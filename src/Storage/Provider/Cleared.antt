-- ===== src/Storage/Provider/Cleared.antt =====
-- What `clear_proposal_queue` of rust/src/snapshot_storage.rs deletes, and what it keeps.
use mathlib.Core.Path.{subst}
use openmls_dart.Prelude.{
  ◌≡◌, ◌⊎◌, refl, sym, ◌∙◌, Option-cases, ℕ, List, [], ◌∷◌, bytes_eq, All, eq_of_bytes_eq, Bytes,
  ok, Result-split, Bool-cases, inl, inr,
}
use openmls_dart.Storage.Snapshot.{SnapshotStorageProvider, kv_read, kv_delete}
use openmls_dart.Storage.Labels.{proposal_queue_refs_label}
use openmls_dart.Storage.Typed.{
  Serialize, Deserialize, SerdeJson, ToValue, from_items, build_key_serde, read_list, delete_val,
}
use openmls_dart.Storage.Typed.Laws.{read-delete, read-delete_ne}
use openmls_dart.Storage.Provider.Lists.{
  pair_key, queued_proposal_refs, delete_proposals, clear_proposal_queue,
}
use openmls_dart.Storage.Provider.Deleted.{
  stays_gone, IsGone, IsQueued, delete_proposals-IsGone, delete_proposals_keeps,
}

-- Reading a list changes nothing.
pub read_list_keeps :
    (json : SerdeJson) {K : Type 0} (A : Type 0) ⦃ks : Serialize K⦄ ⦃vd : Deserialize A⦄ (v : ℕ)
    (label : Bytes) (key : K) (p : SnapshotStorageProvider)
    → (read_list json {A = A} v label key p).1 ≡ p
unfolding read_list
read_list_keeps json A v label key p = elim (Result-split (build_key_serde v label key)) [
  | inr (e, bad) ↦ rw bad
  | inl (k, good) ↦ elim (Option-cases (kv_read k p)) [
    | inl gone ↦ rw (good, gone)
    | inr (bytes, there) ↦ elim (Result-split (json.list_from_slice bytes)) [
      | inr (e, bad) ↦ rw (good, there, bad)
      | inl (raw, listed) ↦ rw (good, there, listed)
    ]
  ]
]

module _ (json : SerdeJson) {G R : Type 0} ⦃gs : Serialize G⦄ ⦃gv : ToValue json.Value G⦄
    ⦃rv : ToValue json.Value R⦄ where
  module _ ⦃rd : Deserialize R⦄ where
    -- What a successful call of `clear_proposal_queue` runs.
    clear_run :
        (group_id : G) (refs : List R) (p : SnapshotStorageProvider)
        → (queued_proposal_refs json group_id p).0 ≡ ok refs
        → (clear_proposal_queue json R group_id p).0 ≡ ok tt
        → ((delete_proposals json group_id refs p).0 ≡ ok tt)
          × ((k : Bytes) × (build_key_serde json.current_version proposal_queue_refs_label group_id
                ≡ ok k)
              × (clear_proposal_queue json R group_id p
                  ≡ (ok tt, kv_delete k (delete_proposals json group_id refs p).1)))
    unfolding clear_proposal_queue queued_proposal_refs delete_val
    clear_run group_id refs p listed done =
        elim (Result-split (delete_proposals json group_id refs p).0) [
          | inr (e, bad) ↦ absurd (cc (rw (listed, kept, bad) at done))
          | inl (_, deleted) ↦
              elim (Result-split
                (build_key_serde json.current_version proposal_queue_refs_label group_id)) [
                  | inr (e, bad) ↦ absurd (cc (rw (listed, kept, deleted, bad) at done))
                  | inl (k, good) ↦ (deleted, (k, good, rw (listed, kept, deleted, good) refl))
                ]
        ]
      where
        kept :
            (read_list json {A = R} json.current_version proposal_queue_refs_label group_id p).1 ≡ p
        kept = read_list_keeps json R json.current_version proposal_queue_refs_label group_id p

    no_refs :
        (group_id : G) (k : Bytes) (p : SnapshotStorageProvider)
        → build_key_serde json.current_version proposal_queue_refs_label group_id ≡ ok k
        → (queued_proposal_refs json {R = R} group_id (kv_delete k p)).0 ≡ ok []
    unfolding queued_proposal_refs read_list
    no_refs group_id k p good = rw (good, read-delete k p) (unfold from_items in refl)

    all_stay-IsGone :
        (group_id : G) (k : Bytes) (refs : List R) (p : SnapshotStorageProvider)
        → All (IsGone json group_id p) refs
        → All (IsGone json group_id (kv_delete k p)) refs
    all_stay-IsGone group_id k [] p h = tt
    all_stay-IsGone group_id k (r ∷ refs) p ((j, key, gone), rest) =
        ((j, key, stays_gone k j p gone), all_stay-IsGone group_id k refs p rest)

    kept_row :
        (group_id : G) (refs : List R) (p : SnapshotStorageProvider) (j k : Bytes)
        → build_key_serde json.current_version proposal_queue_refs_label group_id ≡ ok k
        → (delete_proposals json group_id refs p).0 ≡ ok tt
        → (kv_read j (kv_delete k (delete_proposals json group_id refs p).1) ≡ kv_read j p)
          ⊎ (build_key_serde json.current_version proposal_queue_refs_label group_id ≡ ok j)
          ⊎ IsQueued json group_id refs j
    kept_row group_id refs p j k key deleted = elim (Bool-cases (bytes_eq k j)) [
      | inl same ↦ inr (inl (rw (← eq_of_bytes_eq k j same) key))
      | inr other ↦ elim (delete_proposals_keeps json group_id refs p j deleted) [
        | inl kept ↦ inl (read-delete_ne k j (delete_proposals json group_id refs p).1 other ∙ kept)
        | inr queued ↦ inr (inr queued)
      ]
    ]

    -- The store after a call, and the one before it.
    pub record IsCleared (group_id : G) (refs : List R) (p q : SnapshotStorageProvider)
        : Type 0 where
      pub emptied : (queued_proposal_refs json {R = R} group_id q).0 ≡ ok []
      pub gone : All (IsGone json group_id q) refs
      pub kept :
          (j : Bytes)
          → (kv_read j q ≡ kv_read j p)
            ⊎ (build_key_serde json.current_version proposal_queue_refs_label group_id ≡ ok j)
            ⊎ IsQueued json group_id refs j

    -- If the references of the proposals queued for a group can be read, and the queue is
    -- successfully cleared, then no reference is queued any more, each of the proposals referred to
    -- has a storage key with no row under it, and every row is as before but the one of the
    -- references and those of the proposals.
    pub clear_proposal_queue-IsCleared :
        (group_id : G) (refs : List R) (p : SnapshotStorageProvider)
        → (queued_proposal_refs json group_id p).0 ≡ ok refs
        → (clear_proposal_queue json R group_id p).0 ≡ ok tt
        → IsCleared group_id refs p (clear_proposal_queue json R group_id p).1
    clear_proposal_queue-IsCleared group_id refs p listed done =
        let (deleted, (k, key, e)) = clear_run group_id refs p listed done in
        subst (λ t. IsCleared group_id refs p t.1) (sym e)
          (record {
            emptied = no_refs group_id k (delete_proposals json group_id refs p).1 key;
            gone =
                all_stay-IsGone group_id k refs (delete_proposals json group_id refs p).1
                  (delete_proposals-IsGone json group_id refs p deleted);
            kept = λ j. kept_row group_id refs p j k key deleted;
          })
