-- ===== src/Payment/Keeping.antt =====
-- Every method of `AcceptancePaymentDecision` keeps what holds of the decisions made so far.
use mathlib.Core.Path.{subst}
use youone_rnd.Shared.{
  ◌≡◌, refl, sym, ap, inl, inr, true, false, not, Option, none, some, List, [], ◌∷◌, String, Result,
  ok, err, any, all, Bool-cases, arith, codes_eq_iff, codes, opt_eq, eq_iff,
}
use youone_rnd.Kernel.{Uuid, Money, money}
use youone_rnd.Payment.Types.{
  AcceptancePaymentApprovalSnapshot, AcceptancePaymentDecisionSnapshot,
  AcceptancePaymentActorCommand, AcceptancePaymentMutation, HoldInput, is_satisfied,
}
use youone_rnd.Payment.Rate.{calculate_approved_payable_amount}
use youone_rnd.Payment.Machine.{
  payment_guard, apply_approved_outcome, mutation, exact_requested_rate,
}
use youone_rnd.Payment.Release.{
  hold_for_conditions, satisfy_residual_condition, check_release,
  mark_eligible_for_external_payment,
}
use youone_rnd.Payment.Lifecycle.{PaymentCall, payment_run}
use youone_rnd.Payment.History.{
  PaymentReach, approval_part, Approved, has_approval, has_conditions, PaymentInv,
}
use youone_rnd.Payment.Early.{calculate-Inv, propose-Inv, submit-Inv, deny-Inv, cancel-Inv}

abbrev Value : Type 0
Value = AcceptancePaymentDecisionSnapshot

-- The approval.
approve_computed :
    (v : Value) (c : AcceptancePaymentActorCommand) (a : AcceptancePaymentApprovalSnapshot)
    (m : AcceptancePaymentMutation)
    → apply_approved_outcome v c a ≡ ok m
    → (payable : Money) × (calculate_approved_payable_amount v.milestone_amount
          a.final_approved_rate v.policy
        ≡ ok payable)
      × (m.snapshot.approved_payable_amount ≡ some payable)
unfolding apply_approved_outcome mutation
approve_computed v c a m h =
    go (calculate_approved_payable_amount v.milestone_amount a.final_approved_rate v.policy) refl
  where
    go :
        (r : Result Money)
        → calculate_approved_payable_amount v.milestone_amount a.final_approved_rate v.policy ≡ r
        → (payable : Money) × (calculate_approved_payable_amount v.milestone_amount
              a.final_approved_rate v.policy
            ≡ ok payable)
          × (m.snapshot.approved_payable_amount ≡ some payable)
    go (ok payable) e = (payable, e, ground arith)
    go (err code) e = absurd (ground arith)

opt_eq-some : (a : String) (o : Option String) → opt_eq (some a) o ≡ true → o ≡ some a
opt_eq-some a none h = absurd (ground arith)
opt_eq-some a (some b) h = ap some (sym ((eq_iff a b).0 h))

approve_part :
    (v : Value) (c : AcceptancePaymentActorCommand) (a : AcceptancePaymentApprovalSnapshot)
    (m : AcceptancePaymentMutation)
    → apply_approved_outcome v c a ≡ ok m
    → (m.snapshot.approval_snapshot ≡ some a)
      × (m.snapshot.approval_instance_id ≡ some a.approval_instance_id)
      × (m.snapshot.final_approved_rate ≡ some a.final_approved_rate)
      × (a.final_approved_rate ≡ exact_requested_rate m.snapshot)
      × (m.snapshot.milestone_amount ≡ v.milestone_amount)
      × (m.snapshot.policy ≡ v.policy)
unfolding apply_approved_outcome payment_guard mutation
approve_part v c a m h =
    let named : opt_eq (some a.approval_instance_id) m.snapshot.approval_instance_id ≡ true =
      ground arith in
    (
      ground arith,
      opt_eq-some a.approval_instance_id m.snapshot.approval_instance_id named,
      ground arith,
      ground (arith, codes_eq_iff a.final_approved_rate (exact_requested_rate v)),
      ground arith,
      ground arith,
    )

approve-Inv :
    (v : Value) (c : AcceptancePaymentActorCommand) (a : AcceptancePaymentApprovalSnapshot)
    (m : AcceptancePaymentMutation)
    → PaymentInv v
    → apply_approved_outcome v c a ≡ ok m
    → PaymentInv m.snapshot
unfolding apply_approved_outcome payment_guard mutation
approve-Inv v c a m inv h = record {
  responsible = ground (arith, inv.responsible);
  priced = ground (arith, inv.priced);
  sealed = λ s. absurd (ground arith);
  unheld = λ s. ground (arith, inv.unheld);
  approved = λ s.
      (let (payable, computed, paid) = approve_computed v c a m h in
        let (recorded, asked, rated, exact, milestone, policy) = approve_part v c a m h in
        record {
          approval = a;
          payable = payable;
          recorded = recorded;
          asked = asked;
          rated = rated;
          exact = exact;
          paid = paid;
          computed = rw (milestone, policy) computed;
        });
  released = λ s. absurd (ground arith);
}

-- After the approval: the part of the decision that it rests on stays as it is.
hold-Inv :
    (v : Value) (c : AcceptancePaymentActorCommand) (i : HoldInput) (m : AcceptancePaymentMutation)
    → PaymentInv v
    → hold_for_conditions v c i ≡ ok m
    → PaymentInv m.snapshot
unfolding hold_for_conditions payment_guard mutation
hold-Inv v c i m inv h =
    let same : approval_part v ≡ approval_part m.snapshot = ground arith in
    let before : has_approval v.state ≡ true = ground arith in
    record {
      responsible = ground (arith, inv.responsible);
      priced = ground (arith, inv.priced);
      sealed = λ s. absurd (ground arith);
      unheld = λ s. absurd (ground arith);
      approved = λ s. subst Approved same (inv.approved before);
      released = λ s. absurd (ground arith);
    }

satisfy-Inv :
    (v : Value) (c : AcceptancePaymentActorCommand) (id : Uuid) (evidence : List Uuid)
    (m : AcceptancePaymentMutation)
    → PaymentInv v
    → satisfy_residual_condition v c id evidence ≡ ok m
    → PaymentInv m.snapshot
unfolding satisfy_residual_condition payment_guard mutation
satisfy-Inv v c id evidence m inv h =
    let same : approval_part v ≡ approval_part m.snapshot = ground arith in
    let before : has_approval v.state ≡ true = ground arith in
    record {
      responsible = ground (arith, inv.responsible);
      priced = ground (arith, inv.priced);
      sealed = λ s. absurd (ground arith);
      unheld = λ s. absurd (ground arith);
      approved = λ s. subst Approved same (inv.approved before);
      released = λ s. absurd (ground arith);
    }

-- The release.
satisfied_none_open :
    (cs : List _) → any (λ c. not (is_satisfied c)) cs ≡ false → all is_satisfied cs ≡ true
satisfied_none_open [] h = refl
satisfied_none_open (c ∷ cs) h = ground (arith, satisfied_none_open cs)

release_settled :
    (v : Value) (c : AcceptancePaymentActorCommand) (m : AcceptancePaymentMutation)
    → PaymentInv v
    → mark_eligible_for_external_payment v c ≡ ok m
    → all is_satisfied v.residual_conditions ≡ true
unfolding mark_eligible_for_external_payment payment_guard check_release
release_settled v c m inv h = elim (Bool-cases (has_conditions v.state)) [
  | inl held ↦ satisfied_none_open v.residual_conditions (ground arith)
  | inr unheld ↦ rw (inv.unheld unheld) refl
]

abbrev IsZero : Option Money → Type 0
IsZero amount = (m : Money) × (amount ≡ some m) × (m.amount ≡ codes "0")

release-IsZero :
    (v : Value) (c : AcceptancePaymentActorCommand) (m : AcceptancePaymentMutation)
    → mark_eligible_for_external_payment v c ≡ ok m
    → IsZero m.snapshot.held_amount × IsZero m.snapshot.unpaid_remainder
unfolding mark_eligible_for_external_payment mutation money
release-IsZero v c m h = (held m.snapshot.held_amount refl, unpaid m.snapshot.unpaid_remainder refl)
  where
    held : (o : Option Money) → m.snapshot.held_amount ≡ o → IsZero m.snapshot.held_amount
    held none e = absurd (ground arith)
    held (some x) e = (x, e, ground arith)

    unpaid :
        (o : Option Money) → m.snapshot.unpaid_remainder ≡ o → IsZero m.snapshot.unpaid_remainder
    unpaid none e = absurd (ground arith)
    unpaid (some x) e = (x, e, ground arith)

release-Inv :
    (v : Value) (c : AcceptancePaymentActorCommand) (m : AcceptancePaymentMutation)
    → PaymentInv v
    → mark_eligible_for_external_payment v c ≡ ok m
    → PaymentInv m.snapshot
unfolding mark_eligible_for_external_payment payment_guard mutation
release-Inv v c m inv h =
    let same : approval_part v ≡ approval_part m.snapshot = ground arith in
    let before : has_approval v.state ≡ true = ground arith in
    record {
      responsible = ground (arith, inv.responsible);
      priced = ground (arith, inv.priced);
      sealed = λ s. absurd (ground arith);
      unheld = λ s. absurd (ground arith);
      approved = λ s. subst Approved same (inv.approved before);
      released = λ s. record {
        acceptable = λ e. absurd (ground arith);
        settled = ground (arith, release_settled v c m inv h);
        nothing_held = (release-IsZero v c m h).0;
        nothing_unpaid = (release-IsZero v c m h).1;
      };
    }

payment_run-Inv :
    (v : Value) (c : AcceptancePaymentActorCommand) (call : PaymentCall)
    (m : AcceptancePaymentMutation)
    → PaymentInv v
    → payment_run v c call ≡ ok m
    → PaymentInv m.snapshot
unfolding payment_run
payment_run-Inv v c (PaymentCall.propose i) m inv h = propose-Inv v c i m inv h
payment_run-Inv v c (PaymentCall.submit id checksum) m inv h = submit-Inv v c id checksum m inv h
payment_run-Inv v c (PaymentCall.approve a) m inv h = approve-Inv v c a m inv h
payment_run-Inv v c (PaymentCall.deny outcome reason) m inv h = deny-Inv v c outcome reason m inv h
payment_run-Inv v c (PaymentCall.cancel reason) m inv h = cancel-Inv v c reason m inv h
payment_run-Inv v c (PaymentCall.hold i) m inv h = hold-Inv v c i m inv h
payment_run-Inv v c (PaymentCall.satisfy_one id evidence) m inv h =
    satisfy-Inv v c id evidence m inv h
payment_run-Inv v c PaymentCall.release m inv h = release-Inv v c m inv h

-- Every decision that the methods can produce keeps the responsibility invariant and the rate that
-- its policy gives for the achievement; while its approval is pending, the subject version is its
-- own version; it has no residual conditions unless it is held or eligible; it has an approval, of
-- exactly the requested rate and the payable amount that the policy computes, while it is approved,
-- held or eligible; and while it is eligible for external payment, nothing is held or unpaid, every
-- condition is satisfied, and the deliverable was not rejected.
pub PaymentReach-Inv : {v : Value} → PaymentReach v → PaymentInv v
PaymentReach-Inv (PaymentReach.calculated input c {m} e) = calculate-Inv input c m e
PaymentReach-Inv (PaymentReach.stepped {v} c call {m} r e) =
    payment_run-Inv v c call m (PaymentReach-Inv r) e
□ □ □ □ □ □ □
EXERCISE: In the entries above, locate every line with the word "emptied" and copy it.

ANSWER SPACE:
      pub emptied : (queued_proposal_refs json {R = R} group_id q).0 ≡ ok []
            emptied = no_refs group_id k (delete_proposals json group_id refs p).1 key;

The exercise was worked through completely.